Tailoring electrolyte solvation for Li metal batteries cycled at ultra-low temperature

Lithium metal batteries hold promise for pushing cell-level energy densities beyond 300 Wh kg(-1) while operating at ultra-low temperatures (below -30 degrees C). Batteries capable of both charging and discharging at these temperature extremes are highly desirable due to their inherent reduction in the need for external warming. Here we demonstrate that the local solvation structure of the electrolyte defines the charge-transfer behaviour at ultra-low temperature, which is crucial for achieving high Li metal Coulombic efficiency and avoiding dendritic growth. These insights were applied to Li metal full-cells, where a high-loading 3.5 mAh cm(-2) sulfurized polyacrylonitrile (SPAN) cathode was paired with a onefold excess Li metal anode. The cell retained 84% and 76% of its room temperature capacity when cycled at -40 and -60 degrees C, respectively, which presented stable performance over 50 cycles.
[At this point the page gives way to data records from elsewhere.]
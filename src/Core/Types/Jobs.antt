-- ===== src/Core/Types/Jobs.antt =====
-- v2/apiserver/internal/core/jobs.go and containers.go, the data.
use brignext.Base.{ℕ, String, Bool, true, false, Option, List}

-- An instant of `time.Time`, in nanoseconds.
abbrev pub Time : Type 0
Time = ℕ

-- `unset` is Go's zero value "".
pub data JobPhase : Type 0 where
  aborted failed pending running succeeded timed_out unknown unset : JobPhase

unfoldable pub is_pending : JobPhase → Bool
is_pending JobPhase.pending = true
is_pending _ = false

pub record ContainerSpec : Type 0 where
  pub image : String
  pub image_pull_policy : String
  pub command : List String
  pub arguments : List String
  pub environment : List (String × String)

pub record JobContainerSpec : Type 0 where
  pub container_spec : ContainerSpec
  pub use_workspace : Bool
  pub workspace_mount_path : String
  pub use_source : Bool
  pub source_mount_path : String
  pub privileged : Bool
  pub use_host_docker_socket : Bool

pub record JobHost : Type 0 where
  pub os : String
  pub node_selector : List (String × String)

pub record JobSpec : Type 0 where
  pub primary_container : JobContainerSpec
  pub sidecar_containers : List (String × JobContainerSpec)
  pub timeout_seconds : ℕ
  pub host : Option JobHost

pub record JobStatus : Type 0 where
  pub started : Option Time
  pub ended : Option Time
  pub phase : JobPhase

-- `status` is a pointer.
pub record Job : Type 0 where
  pub spec : JobSpec
  pub status : Option JobStatus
This work provides design criteria for ultra-low-temperature lithium metal battery electrolytes, and represents a defining step for the performance of low-temperature batteries. Charging and discharging Li-metal batteries (LMBs) at low temperatures is problematic due to the sluggish charge-transfer process. Here the authors discuss the roles of solvation structures of Li-ions in the charge-transfer kinetics and design an electrolyte to enable low-temperature operations of LMBs.

Automated summary

This study highlights the importance of the solvation structure of the electrolyte in charge-transfer behavior at ultra-low temperatures for lithium metal batteries. By designing an electrolyte to enable low-temperature operations, stable performance and high efficiency can be achieved for Li-metal batteries.